Start of Extracted material

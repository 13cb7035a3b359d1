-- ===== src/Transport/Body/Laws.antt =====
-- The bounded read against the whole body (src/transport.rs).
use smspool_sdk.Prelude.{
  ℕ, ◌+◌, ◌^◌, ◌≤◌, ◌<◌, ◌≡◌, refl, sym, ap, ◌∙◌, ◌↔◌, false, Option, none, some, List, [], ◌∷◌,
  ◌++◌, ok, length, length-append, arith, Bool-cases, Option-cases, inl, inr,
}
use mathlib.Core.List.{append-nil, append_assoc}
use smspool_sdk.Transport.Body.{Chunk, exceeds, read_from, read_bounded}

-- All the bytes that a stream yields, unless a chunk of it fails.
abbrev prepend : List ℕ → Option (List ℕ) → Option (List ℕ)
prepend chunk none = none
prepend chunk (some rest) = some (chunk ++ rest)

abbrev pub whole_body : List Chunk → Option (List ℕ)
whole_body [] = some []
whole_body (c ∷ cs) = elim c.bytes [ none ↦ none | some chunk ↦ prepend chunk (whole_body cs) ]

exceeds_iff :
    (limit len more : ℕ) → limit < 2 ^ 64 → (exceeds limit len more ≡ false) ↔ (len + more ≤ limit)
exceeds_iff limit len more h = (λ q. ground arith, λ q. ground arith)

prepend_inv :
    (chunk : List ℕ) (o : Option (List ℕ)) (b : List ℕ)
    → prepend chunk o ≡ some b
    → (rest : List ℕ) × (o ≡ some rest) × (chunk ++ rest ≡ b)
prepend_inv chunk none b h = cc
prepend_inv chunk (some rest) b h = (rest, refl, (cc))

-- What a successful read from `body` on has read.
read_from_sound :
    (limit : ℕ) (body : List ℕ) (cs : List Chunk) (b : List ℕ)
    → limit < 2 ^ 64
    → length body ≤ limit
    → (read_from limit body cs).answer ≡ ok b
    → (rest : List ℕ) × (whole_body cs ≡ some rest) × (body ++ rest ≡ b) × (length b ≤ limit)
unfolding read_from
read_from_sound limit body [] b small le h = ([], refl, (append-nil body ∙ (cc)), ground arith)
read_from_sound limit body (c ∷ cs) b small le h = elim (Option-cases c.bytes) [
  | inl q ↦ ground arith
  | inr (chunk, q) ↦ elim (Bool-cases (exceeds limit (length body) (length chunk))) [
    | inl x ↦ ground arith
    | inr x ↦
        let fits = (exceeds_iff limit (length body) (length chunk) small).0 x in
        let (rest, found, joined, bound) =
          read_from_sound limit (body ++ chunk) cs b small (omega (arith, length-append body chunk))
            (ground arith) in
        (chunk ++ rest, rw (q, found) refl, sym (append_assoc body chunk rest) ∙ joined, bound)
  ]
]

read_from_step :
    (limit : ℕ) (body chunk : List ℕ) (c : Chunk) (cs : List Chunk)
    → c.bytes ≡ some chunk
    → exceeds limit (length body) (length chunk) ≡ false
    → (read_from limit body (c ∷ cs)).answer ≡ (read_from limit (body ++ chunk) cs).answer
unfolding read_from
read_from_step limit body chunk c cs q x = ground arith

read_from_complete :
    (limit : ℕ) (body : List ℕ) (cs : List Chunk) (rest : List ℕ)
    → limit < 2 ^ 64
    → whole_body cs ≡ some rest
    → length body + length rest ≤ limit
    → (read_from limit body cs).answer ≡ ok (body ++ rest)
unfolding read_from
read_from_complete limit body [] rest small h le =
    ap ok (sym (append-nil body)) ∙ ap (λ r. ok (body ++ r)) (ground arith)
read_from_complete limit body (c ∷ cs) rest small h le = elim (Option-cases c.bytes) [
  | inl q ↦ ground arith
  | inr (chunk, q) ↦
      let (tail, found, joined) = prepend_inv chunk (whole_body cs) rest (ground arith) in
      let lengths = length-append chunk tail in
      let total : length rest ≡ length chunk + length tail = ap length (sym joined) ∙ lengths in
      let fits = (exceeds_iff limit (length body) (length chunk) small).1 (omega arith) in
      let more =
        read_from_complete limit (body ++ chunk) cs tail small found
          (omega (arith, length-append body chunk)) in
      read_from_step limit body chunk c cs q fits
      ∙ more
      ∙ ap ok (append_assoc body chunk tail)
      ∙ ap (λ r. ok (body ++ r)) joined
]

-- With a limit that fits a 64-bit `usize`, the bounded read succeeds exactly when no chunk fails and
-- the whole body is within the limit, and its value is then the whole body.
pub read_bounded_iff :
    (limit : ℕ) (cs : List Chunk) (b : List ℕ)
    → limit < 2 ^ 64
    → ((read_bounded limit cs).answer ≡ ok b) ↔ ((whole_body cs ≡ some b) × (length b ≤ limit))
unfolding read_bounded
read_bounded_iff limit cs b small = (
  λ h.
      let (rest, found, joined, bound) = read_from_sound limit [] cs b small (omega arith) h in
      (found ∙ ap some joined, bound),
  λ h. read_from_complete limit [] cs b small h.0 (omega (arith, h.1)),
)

End of Extracted material
Start of Extracted material

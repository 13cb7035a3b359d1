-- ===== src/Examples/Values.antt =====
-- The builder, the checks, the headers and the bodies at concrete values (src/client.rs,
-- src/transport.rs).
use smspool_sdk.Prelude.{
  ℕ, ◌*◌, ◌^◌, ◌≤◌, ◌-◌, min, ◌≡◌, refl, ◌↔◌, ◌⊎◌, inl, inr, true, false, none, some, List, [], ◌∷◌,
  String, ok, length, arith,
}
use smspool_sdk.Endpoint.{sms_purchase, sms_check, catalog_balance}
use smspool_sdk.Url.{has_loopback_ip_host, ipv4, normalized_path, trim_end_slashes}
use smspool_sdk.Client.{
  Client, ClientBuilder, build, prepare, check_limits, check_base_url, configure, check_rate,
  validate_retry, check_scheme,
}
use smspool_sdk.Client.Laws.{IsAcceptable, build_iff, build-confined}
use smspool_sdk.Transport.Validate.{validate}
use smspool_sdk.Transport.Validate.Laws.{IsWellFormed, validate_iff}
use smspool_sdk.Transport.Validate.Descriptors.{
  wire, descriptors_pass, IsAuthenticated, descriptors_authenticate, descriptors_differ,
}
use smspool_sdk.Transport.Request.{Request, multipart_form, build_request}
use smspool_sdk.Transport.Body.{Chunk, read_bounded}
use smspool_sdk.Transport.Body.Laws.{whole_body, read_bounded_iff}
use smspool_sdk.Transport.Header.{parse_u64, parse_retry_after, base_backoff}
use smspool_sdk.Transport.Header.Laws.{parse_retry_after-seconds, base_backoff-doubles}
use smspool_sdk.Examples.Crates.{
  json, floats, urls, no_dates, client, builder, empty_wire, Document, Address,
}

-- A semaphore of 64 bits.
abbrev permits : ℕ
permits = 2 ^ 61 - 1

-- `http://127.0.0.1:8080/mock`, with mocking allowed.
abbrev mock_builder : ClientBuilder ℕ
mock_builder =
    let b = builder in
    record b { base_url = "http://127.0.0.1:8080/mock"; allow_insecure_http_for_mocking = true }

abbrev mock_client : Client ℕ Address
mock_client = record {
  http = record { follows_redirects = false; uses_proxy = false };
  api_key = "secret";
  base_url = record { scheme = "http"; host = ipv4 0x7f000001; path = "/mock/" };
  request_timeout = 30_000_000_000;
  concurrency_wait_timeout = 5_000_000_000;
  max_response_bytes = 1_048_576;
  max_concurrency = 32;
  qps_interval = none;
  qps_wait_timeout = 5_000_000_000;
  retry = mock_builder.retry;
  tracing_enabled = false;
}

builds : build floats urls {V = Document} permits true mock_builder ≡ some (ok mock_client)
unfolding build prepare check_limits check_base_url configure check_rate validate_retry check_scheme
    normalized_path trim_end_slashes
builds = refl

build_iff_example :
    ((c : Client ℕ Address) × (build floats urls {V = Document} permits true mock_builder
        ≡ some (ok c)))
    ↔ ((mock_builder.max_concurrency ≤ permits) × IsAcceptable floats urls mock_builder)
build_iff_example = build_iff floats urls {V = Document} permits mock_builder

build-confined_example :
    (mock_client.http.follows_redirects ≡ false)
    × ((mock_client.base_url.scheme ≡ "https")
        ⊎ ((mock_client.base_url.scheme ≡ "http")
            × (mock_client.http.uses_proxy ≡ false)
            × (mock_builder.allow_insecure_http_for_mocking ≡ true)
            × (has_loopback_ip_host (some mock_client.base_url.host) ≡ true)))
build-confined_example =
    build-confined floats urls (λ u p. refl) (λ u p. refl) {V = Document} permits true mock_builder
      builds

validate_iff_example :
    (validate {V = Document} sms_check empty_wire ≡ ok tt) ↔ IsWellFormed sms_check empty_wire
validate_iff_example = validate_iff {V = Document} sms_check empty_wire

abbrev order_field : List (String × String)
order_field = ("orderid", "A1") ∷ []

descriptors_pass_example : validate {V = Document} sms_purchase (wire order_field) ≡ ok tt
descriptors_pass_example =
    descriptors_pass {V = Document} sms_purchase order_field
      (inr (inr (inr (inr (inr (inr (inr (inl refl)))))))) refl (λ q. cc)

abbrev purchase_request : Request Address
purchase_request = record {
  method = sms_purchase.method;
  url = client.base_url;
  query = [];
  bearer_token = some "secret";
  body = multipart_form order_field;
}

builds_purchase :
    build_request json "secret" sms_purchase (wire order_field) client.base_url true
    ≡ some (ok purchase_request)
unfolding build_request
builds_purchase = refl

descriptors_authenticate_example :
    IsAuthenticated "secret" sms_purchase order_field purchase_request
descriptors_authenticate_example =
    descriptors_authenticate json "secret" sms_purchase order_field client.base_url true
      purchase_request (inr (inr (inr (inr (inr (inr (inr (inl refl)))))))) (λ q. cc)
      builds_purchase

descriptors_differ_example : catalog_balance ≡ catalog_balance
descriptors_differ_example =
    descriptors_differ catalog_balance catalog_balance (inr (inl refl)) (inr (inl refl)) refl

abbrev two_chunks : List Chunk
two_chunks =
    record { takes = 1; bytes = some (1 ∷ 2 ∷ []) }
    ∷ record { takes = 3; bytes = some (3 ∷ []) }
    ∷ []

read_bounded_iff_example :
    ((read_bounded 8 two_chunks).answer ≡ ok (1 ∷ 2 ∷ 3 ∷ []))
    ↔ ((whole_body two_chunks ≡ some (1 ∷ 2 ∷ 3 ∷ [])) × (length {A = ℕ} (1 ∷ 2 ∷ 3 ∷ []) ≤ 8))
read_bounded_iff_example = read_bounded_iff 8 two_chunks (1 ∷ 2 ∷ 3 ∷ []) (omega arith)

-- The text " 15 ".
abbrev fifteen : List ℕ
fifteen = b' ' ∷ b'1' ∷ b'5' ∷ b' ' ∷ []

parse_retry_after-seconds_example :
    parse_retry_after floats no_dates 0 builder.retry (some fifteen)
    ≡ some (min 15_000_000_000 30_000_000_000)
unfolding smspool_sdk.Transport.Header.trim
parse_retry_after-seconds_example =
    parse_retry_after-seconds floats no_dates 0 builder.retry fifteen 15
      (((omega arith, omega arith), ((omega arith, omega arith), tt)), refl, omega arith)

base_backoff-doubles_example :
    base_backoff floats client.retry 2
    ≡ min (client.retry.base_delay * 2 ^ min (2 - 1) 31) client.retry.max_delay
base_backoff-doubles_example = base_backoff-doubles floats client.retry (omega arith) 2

End of Extracted material

-- Requirement --
Copy the stretch of the records above that runs from the line with "descriptors_pass_example : validate" through the line with "bearer_token = some". Both end lines belong in the copy, and nothing else does.

-- Answer to this problem --
descriptors_pass_example : validate {V = Document} sms_purchase (wire order_field) ≡ ok tt
descriptors_pass_example =
    descriptors_pass {V = Document} sms_purchase order_field
      (inr (inr (inr (inr (inr (inr (inr (inl refl)))))))) refl (λ q. cc)

abbrev purchase_request : Request Address
purchase_request = record {
  method = sms_purchase.method;
  url = client.base_url;
  query = [];
  bearer_token = some "secret";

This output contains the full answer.